Тернбулл сердито выглянул из-за пивной кружки.
– Это другое дело,– сказал он.– Сверхъестественных сил просто нет.
– Конечно,– кивнул Макиэн,– если нет естественных, не может быть и сверхъестественных.
Тернбулл почему-то покраснел и быстро ответил:
– Вероятно, это умно. Однако всем известна разница между тем, что бывает, и тем, чего не бывает. То, что нарушает законы природы…
– Которой нет,– вставил Макиэн.
Тернбулл стукнул кулаком по столу.
– О, Господи! – крикнул он.
– Которого нет,– пробормотал Макиэн.
– О, Господи милостивый! – не сдался Тернбулл.– Неужели вы не видите разницы между обычным событием и так называемым чудом? Если я взлечу под крышу…
– Вы ударитесь,– докончил Макиэн.– Такие материи не годится обсуждать под крышей. Пойдем отсюда.
И он распахнул дверь в синюю бездну сумерек. На улице было уже довольно холодно.
– Тернбулл,– начал Макиэн,– вы сказали столько правды и столько неправды, что я должен вам многое объяснить. Пока что мы называем одними именами совершенно разные вещи.
Он помолчал секунду-другую и начал снова:
– Только что я дважды поймал вас на противоречии. С точки зрения логики я был прав; но я знал, что не прав. Да, разница между естественным и сверхъестественным есть. Предположим, что вы сейчас улетите в синее небо. Тогда я подумаю, что вас унес Сам Бог… или дьявол. Но я говорил совсем не об этом. Попробую объяснить.

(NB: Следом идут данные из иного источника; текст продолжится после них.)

-- ===== src/Tests/Transfers.antt =====
-- Transfers on concrete inputs, for crates/zyris-capkit/src/transfer.
use zyris_protocol.Prelude.{
  ℕ, zero, suc, ◌+◌, ◌≡◌, refl, sym, ◌≢◌, inr, true, false, none, some, List, [], ◌∷◌, arith, Bytes,
  Text, codes, text_eq, length, take, replicate,
}
use zyris_protocol.Core.Blobs.Hydrated.{joined}
use zyris_protocol.Proto.Attach.{digest}
use zyris_protocol.Transfer.Name.{Chars}
use zyris_protocol.Transfer.Part.{FilePath, part_path}
use zyris_protocol.Transfer.Part.Apart.{IsSha, IsApart, part_path-IsApart, part_path-injective}
use zyris_protocol.Transfer.Disk.{Disk, create, exists, is_symlink}
use zyris_protocol.Transfer.Disk.Tidy.{IsTidy, create-IsTidy}
use zyris_protocol.Transfer.Undo.{broken_off, Moves}
use zyris_protocol.Transfer.Offer.{
  TransferOffer, TransferDone, Config, temp, renames, resolves, begin, answers, opens, arrives,
  ends, rechecks, Input,
}
use zyris_protocol.Transfer.Receive.Calls.{run, start, is_held}
use zyris_protocol.Transfer.Receive.Delivered.{Delivered}
use zyris_protocol.Transfer.Receive.Invariant.{IsSeparate}
use zyris_protocol.Transfer.Receive.Completes.{events, Ready, Delivers}
use zyris_protocol.Transfer.Receive.Resumes.{Left, script, run-script}

-- A stand-in for the digest that tells texts of different lengths apart.
abbrev hash : Bytes → Bytes
hash b = replicate 32 (length b)

abbrev inbox : FilePath
inbox = record { parent = codes "/in/peer"; file_name = codes "a.txt" }

abbrev id : Text
id = codes "t1"

id-IsSha : IsSha (hash id)
id-IsSha = record { long = refl; bounded = ground arith }

part :
    part_path hash inbox id
    ≡ record { parent = codes "/in/peer"; file_name = codes "a.txt.0202020202020202.part" }
unfolding part_path text_eq digest
part = refl

part_path-IsApart_example : IsApart inbox (part_path hash inbox id)
part_path-IsApart_example = part_path-IsApart hash id id-IsSha inbox

-- A directory with one file, which is to be replaced.
abbrev empty : Disk
empty = record {
  names = λ p. none;
  bytes = λ n. [];
  dirs = λ d. text_eq (codes "/in/peer") d;
  next = 0;
}

empty-IsTidy : IsTidy empty
empty-IsTidy = record {
  filed = λ p e h. absurd (ground arith);
  known = λ p n h. absurd (ground arith);
  single = λ p q n h k. absurd (ground arith);
}

disk : Disk
disk = create empty inbox (7 ∷ [])

disk-IsTidy : IsTidy disk
unfolding disk text_eq
disk-IsTidy = create-IsTidy empty inbox (7 ∷ []) empty-IsTidy refl

abbrev moves : Moves
moves = record { renames = true; copies = broken_off none; unlinks = false }

abbrev plain_digits : ℕ → Chars
plain_digits n = (b'0' + n) ∷ []

-- A copy that breaks off behind the first byte.
abbrev cut_off : Moves
cut_off = record { renames = false; copies = broken_off (some (1 ∷ [])); unlinks = false }

abbrev payload : Bytes
payload = 1 ∷ 2 ∷ 3 ∷ []

abbrev id_of : ℕ → Text
id_of zero = id
id_of (suc n) = codes "t22"

-- Two transfers to one destination.
abbrev offer : ℕ → TransferOffer
offer i = record {
  transfer_id = id_of i;
  name = codes "a.txt";
  size = 3;
  sha256 = digest hash payload;
  overwrite = true;
}

abbrev config : Config
config = record {
  hash = hash;
  digits = plain_digits;
  broken = λ d. false;
  undo = codes "/undo";
  max_file_bytes = 10;
  has_peer = true;
  offer = offer;
  dest = λ i. inbox;
  peer_slug = λ i. codes "a/b/c";
}

other-IsSha : IsSha (hash (codes "t22"))
other-IsSha = record { long = refl; bounded = ground arith }

id_of-IsSha : (i : ℕ) → IsSha (hash (id_of i))
id_of-IsSha zero = id-IsSha
id_of-IsSha (suc i) = other-IsSha

marked : take 16 (digest hash id) ≢ take 16 (digest hash (codes "t22"))
unfolding digest
marked e = ground arith

config-IsSeparate : IsSeparate config
unfolding temp
config-IsSeparate = record {
  parts = parts;
  dests = λ i j. (part_path-IsApart hash (id_of i) (id_of-IsSha i) inbox).other_file;
}
  where
    same_mark :
        (i j : ℕ)
        → temp config i ≡ temp config j
        → take 16 (digest hash (id_of i)) ≡ take 16 (digest hash (id_of j))
    same_mark i j e =
        part_path-injective hash (id_of i) (id_of-IsSha i) (id_of j) (id_of-IsSha j) inbox inbox e

    parts :
        (i j : ℕ) → (offer i).transfer_id ≢ (offer j).transfer_id → temp config i ≢ temp config j
    parts zero zero h e = h refl
    parts zero (suc j) h e = marked (same_mark zero (suc j) e)
    parts (suc i) zero h e = marked (sym (same_mark (suc i) zero e))
    parts (suc i) (suc j) h e = h refl

-- A first call, up to its rename; a second one comes in between.
abbrev before_rename : List (ℕ × Input)
before_rename =
    (0, begin)
    ∷ (0, resolves true)
    ∷ (1, begin)
    ∷ (0, answers (some (record { size = 3; sha256 = digest hash payload })))
    ∷ (0, opens true)
    ∷ (0, arrives (some payload) none)
    ∷ (1, resolves true)
    ∷ (0, ends true)
    ∷ (0, rechecks 5 moves)
    ∷ []

abbrev answer_of : TransferDone
answer_of = record {
  written = inbox;
  bytes = 3;
  sha256 = digest hash payload;
  replaced = true;
  undo = some (record { parent = codes "/undo/5-0"; file_name = codes "a.txt" });
}

-- What an earlier call left: the first byte.
left_over : Disk
left_over = create disk (temp config 0) (1 ∷ [])

left_over-IsTidy : IsTidy left_over
unfolding left_over disk temp text_eq create
left_over-IsTidy = create-IsTidy disk (temp config 0) (1 ∷ []) disk-IsTidy refl

left_over-Ready : Ready config 0 left_over
unfolding Ready left_over create disk temp exists is_symlink text_eq digest
left_over-Ready = (refl, refl)

left_over-Left : Left config 0 left_over (1 ∷ [])
unfolding Left left_over disk create temp text_eq digest
left_over-Left = inr (1, refl, refl)

run-script_example : Delivers config 0 payload (
    run config
      (start left_over)
      (events 0 (script config 0 5 moves (1 ∷ []) ((2 ∷ []) ∷ (3 ∷ []) ∷ []))))
unfolding start is_held joined
run-script_example =
    run-script config 0 payload 5 moves (config-IsSeparate.dests 0 0) refl refl (start left_over)
      (1 ∷ []) ((2 ∷ []) ∷ (3 ∷ []) ∷ []) left_over-IsTidy refl refl (omega arith) refl
      left_over-Ready left_over-Left refl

Он снова помолчал немного.
– Я родился и вырос в целостном мире. Сверхъестественное не было там естественным, но было разумным. Нет, оно было разумней естественного, ибо исходило прямо от Бога, Который разумней твари… Меня учили, что одни вещи, – естественны, а другие – божественны. Но есть одна сложность, Тернбулл… Попробуйте меня понять, если я скажу вам, что в этом, моем мире, божественны и вы.
– Кто – я? – спросил Тернбулл.– Почему это?

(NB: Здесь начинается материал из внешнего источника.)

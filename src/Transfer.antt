-- ===== src/Transfer.antt =====
-- crates/zyris-capkit/src/transfer: files that peers send each other.
pub mod Name
pub mod Part
pub mod Disk
pub mod Undo
pub mod Inbox
pub mod Offer
pub mod Receive
pub mod Pull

– Здесь-то вся и сложность,– с трудом продолжал Макиэн.– Меня учили, что есть разница между травой и свободной человеческой волей. Ваша воля – не часть природы. Она сверхъестественна.

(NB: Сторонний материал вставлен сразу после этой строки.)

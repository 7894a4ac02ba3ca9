-- ===== src/Tokenizer/Strings.antt =====
-- Strings of the tokenizer: literal runs, which are decoded, and escapes.
pub mod CodePoints
use oaverify.Common.{
  ℕ, suc, ◌+◌, ◌-◌, Bool, true, false, not, ◌&&◌, ◌||◌, Option, none, some, List, [], ◌∷◌, ◌++◌,
  ◌==◌, ltb, leb, within, min, if◌then◌else◌, Text, length, take, get_elem?, any,
}
use oaverify.Tokenizer.Bytes.{first_ill_formed_utf8, held_utf8_prefix, utf8_tail}
use oaverify.Tokenizer.{
  Handler, tell, Event, on_key, on_string_start, on_string_chunk, on_string_end, st_colon,
  st_in_string, st_in_string_escape, parse_error, key_limit, decoding_error, Result, done, thrown,
  ◌>>=◌, TextDecoder, Tokenizer, is_zero, scan_end, after_value,
}

abbrev pub ch_quote : ℕ
ch_quote = 0x22

abbrev pub ch_backslash : ℕ
ch_backslash = 0x5c

-- `countCodePoints`: a surrogate pair is one.
unfoldable pub count_code_points : Text → ℕ
count_code_points [] = 0
count_code_points (c ∷ []) = 1
count_code_points (c ∷ d ∷ s) =
    let pair = count_code_points s in
    let one = count_code_points (d ∷ s) in
    suc (if within 0xd800 0xdbff c && within 0xdc00 0xdfff d then pair else one)

-- A byte that stands for itself in a string.
unfoldable pub is_literal : ℕ → Bool
is_literal b = not (b == ch_quote || b == ch_backslash || ltb b 0x20)

-- The literal bytes at the head, at most so many.
unfoldable pub literal_run : ℕ → List ℕ → ℕ
unfolding is_literal
literal_run (suc n) (b ∷ s) = let more = literal_run n s in if is_literal b then suc more else 0
literal_run _ _ = 0

-- `nonAscii`
abbrev pub non_ascii : List ℕ → Bool
non_ascii run = any (leb 0x80) run

-- What a run adds to the code points: its length where it is ASCII and none is held.
unfoldable pub points_of : List ℕ → Text → ℕ
unfolding count_code_points
points_of run text =
    if not (non_ascii run) && length text == length run then length text else count_code_points text

-- The text of an escape of two characters.
unfoldable pub escape_text : ℕ → Option ℕ
escape_text b =
    if b == ch_quote
    then some 0x22
    else if b == ch_backslash
    then some 0x5c
    else if b == b'/'
    then some 0x2f
    else if b == b'b'
    then some 8
    else if b == b'f'
    then some 12
    else if b == b'n'
    then some 10
    else if b == b'r'
    then some 13
    else if b == b't'
    then some 9
    else none

-- The offset that `decodeRunStrict` reports.
unfoldable pub malformed_at : List ℕ → ℕ → ℕ → List ℕ → ℕ
unfolding first_ill_formed_utf8
malformed_at [] held_offset start bytes = start + first_ill_formed_utf8 bytes
malformed_at (h ∷ held) held_offset start bytes =
    held_offset + first_ill_formed_utf8 (h ∷ held ++ bytes)

abbrev pub is_control : Option ℕ → Bool
is_control none = false
is_control (some b) = ltb b 0x20

-- The byte that stopped a scan before its end.
abbrev pub stop_at : ℕ → ℕ → List ℕ → Option ℕ
stop_at n i chunk = if ltb i n then get_elem? chunk i else none

-- Where the scan of a key stops: a batch keeps the decoded texts small.
abbrev pub key_room : Option ℕ → ℕ → ℕ → ℕ → ℕ
key_room none end start offset = end
key_room (some limit) end start offset = min (min end (start + limit - offset)) 16384

module _ {D : TextDecoder} {H : Type 0} where
  -- `holdUtf8Tail`
  unfoldable pub hold_utf8_tail : Tokenizer D H → List ℕ → ℕ → Tokenizer D H
  unfolding utf8_tail
  hold_utf8_tail s bytes end =
      let tail = utf8_tail (s.utf8_pending ++ bytes) in
      record s {
        utf8_pending = tail;
        utf8_pending_offset =
            (if leb (length tail) 0 then s.utf8_pending_offset else end - length tail);
      }

  -- `decodeRunStrict`, and the call of `decode` without it.
  unfoldable pub decode_run : Tokenizer D H → List ℕ → Bool → Result (Text × Tokenizer D H)
  unfolding hold_utf8_tail malformed_at
  decode_run s bytes at_end = elim (D.decode s.strict_utf8 s.decoder bytes at_end) [
    | none ↦ thrown (
        if s.strict_utf8
        then parse_error (malformed_at s.utf8_pending s.utf8_pending_offset s.offset bytes)
        else decoding_error)
    | some (text, held) ↦
        let s' = record s { decoder = held } in
        done (
          text,
          if s.strict_utf8
              then (if at_end
                  then hold_utf8_tail s' bytes (s.offset + length bytes)
                  else record s' { utf8_pending = [] })
              else s',
        )
  ]

  -- `flushStrict`, and the call of `decode` without it.
  unfoldable pub flush : Tokenizer D H → Result (Text × Tokenizer D H)
  flush s = elim (D.decode s.strict_utf8 s.decoder [] false) [
    | none ↦ thrown (if s.strict_utf8 then parse_error s.utf8_pending_offset else decoding_error)
    | some (text, held) ↦ done (
      text,
      record s { decoder = held; utf8_pending = (if s.strict_utf8 then [] else s.utf8_pending) },
    )
  ]

  -- `n` of `scanStringBody`, counted from its start.
  unfoldable pub string_room : Tokenizer D H → List ℕ → ℕ
  unfolding scan_end
  string_room s chunk =
      key_room (if s.string_is_key then s.max_key_bytes else none) (scan_end s chunk) s.string_start
        s.offset

module _ {D : TextDecoder} {H : Type 0} (on : Handler H) where
  -- `emitStringText`
  unfoldable pub emit_string_text : Tokenizer D H → Text → ℕ → ℕ → Result (Tokenizer D H)
  emit_string_text s text offset end =
      if s.string_is_key
      then done (record s { key_buf = s.key_buf ++ text })
      else tell on s (on_string_chunk text offset s.str_code_points end)

  -- The body of `if (i > start)`: a run is decoded, counted and emitted.
  unfoldable pub take_run : Tokenizer D H → List ℕ → Bool → Result (Tokenizer D H)
  unfolding decode_run points_of emit_string_text held_utf8_prefix
  take_run s run at_end = do
    (text, s) ← decode_run (record s { pending_high_surrogate = false }) run at_end
    let s = record s { str_code_points = s.str_code_points + points_of run text } in
        if leb (length text) 0
        then done s
        else emit_string_text s text s.offset
            (s.offset + length run - (if at_end then held_utf8_prefix run else 0))

  -- `flushHeldPartial`
  unfoldable pub flush_held_partial : Tokenizer D H → ℕ → Result (Tokenizer D H)
  unfolding flush count_code_points emit_string_text
  flush_held_partial s offset = do
    (tail, s) ← flush s
    if leb (length tail) 0
        then done s
        else emit_string_text
            (record s {
              str_code_points = s.str_code_points + count_code_points tail;
              pending_high_surrogate = false;
            })
            tail offset offset

  -- `beginString`
  unfoldable pub begin_string : Tokenizer D H → Bool → Result (ℕ × Tokenizer D H)
  begin_string s is_key =
      if is_key && is_zero s.max_key_bytes
      then thrown (key_limit s.max_key_bytes s.offset s.offset)
      else (let s' = record s {
        string_is_key = is_key;
        string_start = s.offset;
        str_code_points = 0;
        pending_high_surrogate = false;
        key_buf = [];
        state = st_in_string;
      } in
          (do s ← (if is_key then done s' else tell on s' (on_string_start s.offset)); done (1, s)))

  -- The end of `finishString`, past the flush; `end` is the offset past the closing quote.
  unfoldable pub report_string : Tokenizer D H → ℕ → Result (Tokenizer D H)
  unfolding after_value
  report_string s end = elim s.string_is_key [
    | true ↦ (do
      s ← tell on s (on_key s.key_buf s.str_code_points s.string_start end)
      done (record s { key_buf = []; state = st_colon }))
    | false ↦ (do
      s ← tell on s (on_string_end s.str_code_points s.string_start end)
      done (after_value s))
  ]

  -- The quote or backslash that ends a run of `i` bytes. A run that is not empty is flushed already.
  unfoldable pub close_run : Tokenizer D H → ℕ → ℕ → Result (ℕ × Tokenizer D H)
  unfolding flush_held_partial report_string
  close_run s i b = do
    s ← (if i == 0 then flush_held_partial s s.offset else done s)
    s ←
        (if b == ch_quote
          then report_string s (s.offset + i + 1)
          else done (record s { state = st_in_string_escape }))
    done (i + 1, s)

  -- `scanStringBody`
  unfoldable pub scan_string_body : Tokenizer D H → List ℕ → Result (ℕ × Tokenizer D H)
  unfolding string_room literal_run take_run close_run
  scan_string_body s chunk =
      let n = string_room s chunk in
      let i = literal_run n chunk in
      let stop = stop_at n i chunk in
      if is_control stop then thrown (parse_error (s.offset + i)) else (do
        s ← (if i == 0 then done s else take_run s (take i chunk) (i == n))
        elim stop [ none ↦ done (i, s) | some b ↦ close_run s i b ])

– Какая чушь! – сказал Тернбулл.
– Если это чушь,– терпеливо спросил Макиэн,– почему вы и ваши единомышленники отрицаете свободу воли?
Тернбулл помолчал секунду, что-то начал говорить, но Макиэн продолжал, печально глядя на него.
– Поймите, я мыслю так: вот Божий мир, в который меня учили верить. Я могу представить, что вы вообще не верите в него, но как можно верить в одно и не верить в другое? Для меня все было едино. Бог царствовал над миром, потому что Он – наш Господь. Человек тоже царствовал, потому что он – человек. Нельзя, невозможно доказать, что Бог лучше или выше человека. Нельзя доказать и того, что человек чем-то выше лошади.
– Мы с вами говорим как бы скорописью,– наконец перебил его Тернбулл,– но я не стану притворяться, что не понял вас. С вами случилось примерно вот что: вы узнали о своих святых и ангелах тогда же, когда усвоили начатки нравственности, да, тогда же, и от тех же людей. Потому вам и кажется, что это тесно связано. Допустим на минуту, что вы правы. Но разрешите спросить, не входят ли в тот целостный мир, который для вас столь реален, и чисто местные понятия: традиции клана, фамильная распря, вера в деревенских духов и прочее в этом роде? Не окрасили ли эти понятия – особенно чувства к вождю – ваше богословие?
Макиэн глядел на темную дорогу, по которой с трудом пробирался последний посетитель кабака.
– То, что вы сказали, довольно верно,– отвечал он,– но не совсем. Конечно, мы знали разницу между нами и вождем клана, но она была совсем другой, чем разница между человеком и Богом или между зверем и человеком. Скорее она походила на разницу между двумя видами зверей. Однако…
– Что вы замолчали? – спросил Тернбулл.– Говорите! Кого вы ждете?
– Того, кто нас рассудит,– отвечал Макиэн.
– А, Господа Бога! – устало сказал Тернбулл.